My body just works, and it feels fantastic to hammer up the hills with my heart beat getting above 80% of max, PEM is sometimes also none existent too.

I also manage some short intensive rides on the turbo-trainer, it's my only chance to get my heart-rate really high, 190bpm for short intervals if I'm feeling OK, I think it's important to work your heart hard at times if able, I know that not many of you may be able to though. Five years or so ago I was hitting 199 bpm walking up some of the local hills, I was 40 then so I also know I'm a fast beater.

I had thought that it was an increase in the oxygen level in the denser air, and that because we are always operating at our maximum capacity we notice the very subtle change. The blood to the core also sounds good too.

It's also just like a switch, the temperature rose a bit here this week and I'm suddenly feeling pretty rough, PEM has been a big factor again, I'll get used to it, and as I now know it will happen every year I don't get so down and depressed about going backwards again.
 

Nico

Senior Member
Messages
104
Location
New York State
I get hypothermic symptoms when it's below mid-50's Fahrenheit. I have to be bundled up. 60's Fahrenheit is still pushing it. I do better in the heat.

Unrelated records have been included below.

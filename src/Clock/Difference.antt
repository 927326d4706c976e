-- ===== src/Clock/Difference.antt =====
-- `get_time_diff`: the nanoseconds between two readings of the clock.
use rtmb.Base.{
  ◌-◌, ℕ, ◌+◌, ◌*◌, ◌≤◌, ◌<◌, ◌≡◌, ◌⊎◌, inl, inr, refl, arith, ok, Returns, returns, ◌^◌,
}
use rtmb.Base.Int.{pos, pos_part, neg_part, ◌+ℤ◌, ◌-ℤ◌, ◌*ℤ◌, ◌≤ℤ◌}
use rtmb.Long.{add_long, sub_long, mul_long, add_long-ok, sub_long-ok, mul_long-ok, long_bound}
use rtmb.Clock.{TimeSpec, billion, convert_time_to_nsec, get_time_diff}

-- A reading of the clock: less than 2 ^ 33 seconds, about 272 years, and a part of a second.
pub record IsTime (ts : TimeSpec) (s n : ℕ) : Type 0 where
  pub sec : ts.tv_sec ≡ pos s
  pub nsec : ts.tv_nsec ≡ pos n
  pub sec_bound : s < 2 ^ 33
  pub nsec_bound : n < billion

abbrev pub nanoseconds : ℕ → ℕ → ℕ
nanoseconds s n = s * billion + n

-- The order of two readings: seconds first.
abbrev pub NotAfter : ℕ → ℕ → ℕ → ℕ → Type 0
NotAfter s n s' n' = (s < s') ⊎ ((s ≡ s') × (n ≤ n'))

ready_lemma : (s n : ℕ) → pos s *ℤ pos billion ≡ pos (s * billion)
unfolding ◌*ℤ◌
ready_lemma s n = ground arith

sum_lemma : (a b : ℕ) → pos a +ℤ pos b ≡ pos (a + b)
unfolding ◌+ℤ◌
sum_lemma a b = ground arith

pub convert_time_to_nsec-nanoseconds :
    (ts : TimeSpec) (s n : ℕ) → IsTime ts s n → convert_time_to_nsec ts ≡ ok (pos (nanoseconds s n))
unfolding convert_time_to_nsec
convert_time_to_nsec-nanoseconds ts s n is =
    let product : mul_long (pos s) (pos billion) ≡ ok (pos (s * billion)) =
      rw
        (
          mul_long-ok (long_bound - 1) (omega arith) (pos s) (pos billion) (
              rw (ready_lemma s n)
                (record { above = omega (arith, is.sec_bound); below = omega arith })),
          ready_lemma s n,
        )
        refl in
    let total : add_long (pos (s * billion)) (pos n) ≡ ok (pos (nanoseconds s n)) =
      rw
        (
          add_long-ok (long_bound - 1) (omega arith) (pos (s * billion)) (pos n) (
              rw (sum_lemma (s * billion) n) (record {
                above = omega (arith, is.sec_bound, is.nsec_bound);
                below = omega arith;
              })),
          sum_lemma (s * billion) n,
        )
        refl in
    rw (is.sec, is.nsec, product) total

diff_lemma : (a b : ℕ) → neg_part (pos a -ℤ pos b) ≤ b
unfolding ◌-ℤ◌
diff_lemma a b = ground arith

diff_upper : (a b : ℕ) → pos_part (pos a -ℤ pos b) ≤ a
unfolding ◌-ℤ◌
diff_upper a b = ground arith

nanoseconds_bound : (ts : TimeSpec) (s n : ℕ) → IsTime ts s n → nanoseconds s n < long_bound - 1
nanoseconds_bound ts s n is = omega (arith, is.sec_bound, is.nsec_bound)

ordered_lemma :
    (s n s' n' : ℕ) → n < billion → NotAfter s n s' n' → nanoseconds s n ≤ nanoseconds s' n'
ordered_lemma s n s' n' h (inl lt) = omega arith
ordered_lemma s n s' n' h (inr (e, le)) = omega arith

diff_nonneg : (a b : ℕ) → a ≤ b → pos 0 ≤ℤ (pos b -ℤ pos a)
unfolding ◌-ℤ◌
diff_nonneg a b h = ground arith

-- For two readings of the clock, `get_time_diff` returns the difference of their times in
-- nanoseconds, without an overflow; if the first reading is not after the second, this is not
-- negative.
pub get_time_diff-elapsed :
    (start end : TimeSpec) (s n s' n' : ℕ)
    → IsTime start s n
    → IsTime end s' n'
    → Returns
        (λ t.
          (t ≡ pos (nanoseconds s' n') -ℤ pos (nanoseconds s n))
          × (NotAfter s n s' n' → pos 0 ≤ℤ t))
        (get_time_diff start end)
unfolding get_time_diff
get_time_diff-elapsed start end s n s' n' is is' =
    let difference : sub_long (pos (nanoseconds s' n')) (pos (nanoseconds s n))
        ≡ ok (pos (nanoseconds s' n') -ℤ pos (nanoseconds s n)) =
      sub_long-ok (long_bound - 1) (omega arith) (pos (nanoseconds s' n')) (pos (nanoseconds s n))
        (record {
          above = omega (
            arith,
            diff_upper (nanoseconds s' n') (nanoseconds s n),
            nanoseconds_bound end s' n' is',
          );
          below = omega (
            arith,
            diff_lemma (nanoseconds s' n') (nanoseconds s n),
            nanoseconds_bound start s n is,
          );
        }) in
    rw
      (
        convert_time_to_nsec-nanoseconds end s' n' is',
        convert_time_to_nsec-nanoseconds start s n is,
        difference,
      )
      (returns (
        refl,
        λ o.
            diff_nonneg (nanoseconds s n) (nanoseconds s' n')
              (ordered_lemma s n s' n' is.nsec_bound o),
      ))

I'm prone to chills, mild hypothermia, and Reynaud's phenomena.
 

lookinglass

Senior Member
Messages
115
Location
Tenerife
After reading all the comments on this thread it seems to me that we are all better off simply living in mild climates i.e. neither too hot nor too cold. No extremes in other words. I was looking for some tips on how to adjust to regularly moving from the warmth all year round of the Canary islands back to the UK sometimes in the winter. I freeze in the UK unless its the height of summer. I long to go back under the duvet. I borrow my daughters woollies. I need cosy bedsocks and a electric blankets Equally distressing is dealing with the temperatures soaring into the high 30's here in tenerife in the summer. Breathing is hard. Walking is like walking against the tide. No energy. hate to go out. I have POTS, I take thyroid meds, have a history of fainting, nausea. Nausea tip BTW! My anti anxiety and little sleeping pills 1mg Lorazepan DO calm down the IBS and nausea. I have read others say this only recently. tried it and it worked for me when I had to catch a flight back home to Canaries. But I have now accepted that warmth is good but not heat. Cool is good but not cold. It makes sense. I have bought my bedsocks and a small elex back pad. layers are good to wear in cold. It's about adjusting. I have to go back to UK now and then. Island life is not easy.